Still Room For Progress
The studious librarian isn’t perfect and neither is RAG. Set realistic expectations by understanding these short-comings. More advanced RAG patterns aim to improve on these areas and there is a large amount of research focused on this – stay tuned!
No Reasoning Capability RAG systems rely on retrieving static information but lack reasoning capabilities to analyze, synthesize, or infer new insights beyond what is retrieved. For example, if you feed a bunch of Facebook posts to an LLM and ask, “how is person X related to person Y?” the LLM cannot figure that out, unless there is a post directly providing that kind of statement.
Override General Knowledge Retrieved data can sometimes override the general knowledge embedded in the model, leading to incorrect or overly specific responses when the retrieved context is flawed or overly narrow. If imported all of the Star Trek episodes into a data set and ask, “what is the fastest speed a spaceship can travel?”, you’re likely to get an answer in warp speed – not yet possible in the real-world.
Semantic Search Shortcomings Semantic search algorithms may not capture the nuance of keywords in queries, leading to mismatches between terms in the vector database and user queries, reducing the effectiveness of retrieval.
Scaling Issues with KNN Algorithms As datasets grow in size or diversity, k-nearest neighbor (KNN) algorithms struggle with scalability, resulting in slower retrieval times and inefficiencies in handling large knowledge bases.
Chunk Sizing Leads to Information Gaps The process of splitting documents into chunks for retrieval can create gaps, causing important context to be lost or fragmented, reducing the accuracy and relevance of generated responses.
Garbage In, Garbage Out If the knowledge base contains outdated or biased information, the LLM will generate similarly outdated or biased responses, which can compromise the reliability of the model.
Dependency on Pre-Indexed Data RAG models depend heavily on pre-indexed data, which means that the system can only retrieve information from what has been stored in the vector database, limiting real-time updates or external data sources.
Complexity in Fine-Tuning Adjusting the retrieval mechanisms or integrating new types of data often requires additional fine-tuning of both the retrieval system and the LLM, which increases complexity and maintenance efforts.

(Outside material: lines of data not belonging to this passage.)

-- ===== src/Lib.antt =====
-- A verification library for DarkStream, a distributed video converter: a master keeps the queue of conversion
-- jobs in SQLite and hands jobs to workers over HTTP.
--
-- The parts, and the files that model them (paths of the source from the repository's root):
--  * Models: the jobs, heartbeats, progress reports and settings of video-converter-common/models and the names
--    in video-converter-common/constants.
--  * Tracker: video-converter-master/internal/db/tracker.go. `Store` is the database: the tables jobs, workers,
--    job_progress and worker_configs, and `faults`, which says call by call whether the driver refuses. `M A` is
--    a method of the tracker: it takes the store, and gives a result or an error and the store afterwards.
--    `statement` is one call of the driver, `in_transaction` one transaction. Jobs, Lookup, Claim, Workers and
--    Settings hold one definition for each method of tracker.go (CreateJob is create_job and so on); Rows,
--    Outcomes, Order, Batch, Assignment, Fetching and Respects hold lemmas; Claims, Claiming, Filling and
--    Exclusion are about ClaimNextPendingJobs.
--  * Lifecycle: the abstract state machine of a job (`Phase`, `Edge`, whose parameter says whether jobs are
--    handed out, finished ones brought back and rows deleted, and `MonitorEdge` for the background monitors) and
--    the invariant `Inv` of the jobs table. Lifecycle/Lawful says what it is for a method to implement the
--    machine; the other children show it for the methods of the tracker.
--  * Metrics: the gauges, counters and webhooks that the master touches, as values.
--  * Coordinator: video-converter-master/internal/coordinator/coordinator.go. The bodies of the loops of
--    monitorWorkerHealth and monitorFailedJobs, and the insertion of scanned jobs.
--  * Server: video-converter-master/internal/server/http.go. A handler takes the decoded request and is a method
--    of `M` that gives a `Response`. Assign has GetNextJob and GetNextJobs; Reports has JobComplete, JobFailed
--    and WorkerHeartbeat; Operator has RetryFailedJobs, RetryJob, RequeueJob, UpdateJobPriority, PruneJobs,
--    ListJobs and getJob; Cancel has CancelJob and CancelJobs; Fleet has PauseWorker, ResumeWorker and
--    HandleWorkerAdmin; Submit has submitJob; Limiter has the rate limiter; Video has DownloadVideo with
--    parseByteRange and serveVideoRange, Upload has UploadVideo; Settings has HandleWorkerSettings, JobProgress
--    and GetJobProgress. Verdicts is about the answers, Lawful about the state machine.
--  * Client: video-converter-worker/internal/client/master_client.go. Retry is the loop of the four transfers,
--    three attempts on a state of the caller's choice; Download is downloadSourceVideoAttempt, on the file at the
--    output path, with what the network and the file system do in an attempt as a `Weather`.
--  * Containment: ValidatePathWithinBase and ValidatePathInAllowedDirs of video-converter-common/utils/file.go.
--    FilePath is what they use of path/filepath on Unix, with the working directory as a parameter.
--  * Scanner: video-converter-master/internal/scanner/scanner.go. A tree is the listing that ReadDir gives, with
--    the directories that cannot be read; `Disk` is what the scan asks of the system. Walk is scanWithDepth, with
--    the jobs and the checksums so far.
--  * Config: video-converter-master/internal/config/manager.go. Manager has the state and the operations, with
--    JSON as a parameter; Checks and Valid are about validateConfig, Persisted about updates and restarts.
--  * Text: fmt.Sprintf and fmt.Sscanf for decimal numbers, over code points.
--  * Service: the master as a whole, a sequence of requests through the middlewares, of ticks and scans. Traces
--    has the powers that each event gives and the invariant, Pauses and Finished are about jobs that stay as they
--    are.
--  * Worker: video-converter-worker/internal/worker. Cache has the CacheManager of cache_manager.go, with the
--    file system as a parameter; Polling has getAndUpdateBackoff of worker.go, Pool has processJobs as steps of
--    its loops and of the goroutines that they start, Execute has executeJob and processJob.
--  * Scenarios: sample stores, tests and the theorems at concrete inputs.
--  * Common: lists over the native numbers, sorting, Boolean tests.
--
-- What is assumed of code that is not in the repository: SQLite carries out each statement as its SQL says; a
-- refused statement changes nothing, and a transaction that is not committed changes nothing; RowsAffected,
-- ROLLBACK and the scan of a row succeed when the statement did; among rows that ORDER BY does not tell apart
-- the one that was inserted first comes first; paths are those of Unix; foreign keys are not enforced, which
-- is SQLite's default. HTTP decoding gives a request or fails; what the file system and SHA-256 say to
-- submitJob is in the parameter `Paths`.
--
-- Choices: times are whole nanoseconds. The master's clock is that of UTC; a heartbeat has the wall clock of
-- its worker, whatever its offset, which is what the query for active workers compares. SQLite compares in
-- whole seconds. A tick or a request reads the clock once. Floating-point readings are scaled to whole
-- numbers. Priorities and counts that the program makes itself are not negative; integers that a request
-- carries unchecked are `ℤ`. Loops are structural recursion over the lists that the code ranges over, so no
-- fuel is needed, except that the printer of decimal numbers takes the number itself, which is no less than
-- its number of digits. Text of error messages is left out of the answers, and the message that fmt.Sprintf
-- builds is a parameter. A row with an unknown status cannot be written by the program, so `Status` has the
-- five that it writes.
--
-- Not modelled: the web interface, the command line client, logging, the Prometheus exporter, delivery of
-- webhooks, FFmpeg and Vulkan, the schema and its migrations, start and shutdown, the watcher of the file
-- system; of the worker's client the upload and the requests for jobs; and of the server the streams, the
-- statistics and the handlers of the global configuration.
pub mod Common
pub mod Text
pub mod FilePath
pub mod Containment
pub mod Scanner
pub mod Config
pub mod Models
pub mod Tracker
pub mod Lifecycle
pub mod Metrics
pub mod Coordinator
pub mod Server
pub mod Client
pub mod Service
pub mod Worker
pub mod Scenarios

Latency Issues The retrieval step can introduce latency, especially when querying large datasets or using less efficient retrieval methods, which can slow down response times in real-time applications.
Cost of Maintaining Up-to-Date Knowledge Base Keeping the knowledge base current requires constant updates and re-indexing, which can be resource-intensive and costly, especially for large-scale or fast-changing domains.
Contextual Inconsistency Sometimes, the retrieved documents might not align contextually with the user query, leading to incoherent or off-target responses. This is particularly problematic when the system retrieves irrelevant data.
Limited Handling of Multimodal Information RAG systems are typically focused on text-based data, and incorporating multimodal inputs (e.g., images, audio) remains a challenge in maintaining the effectiveness of retrieval.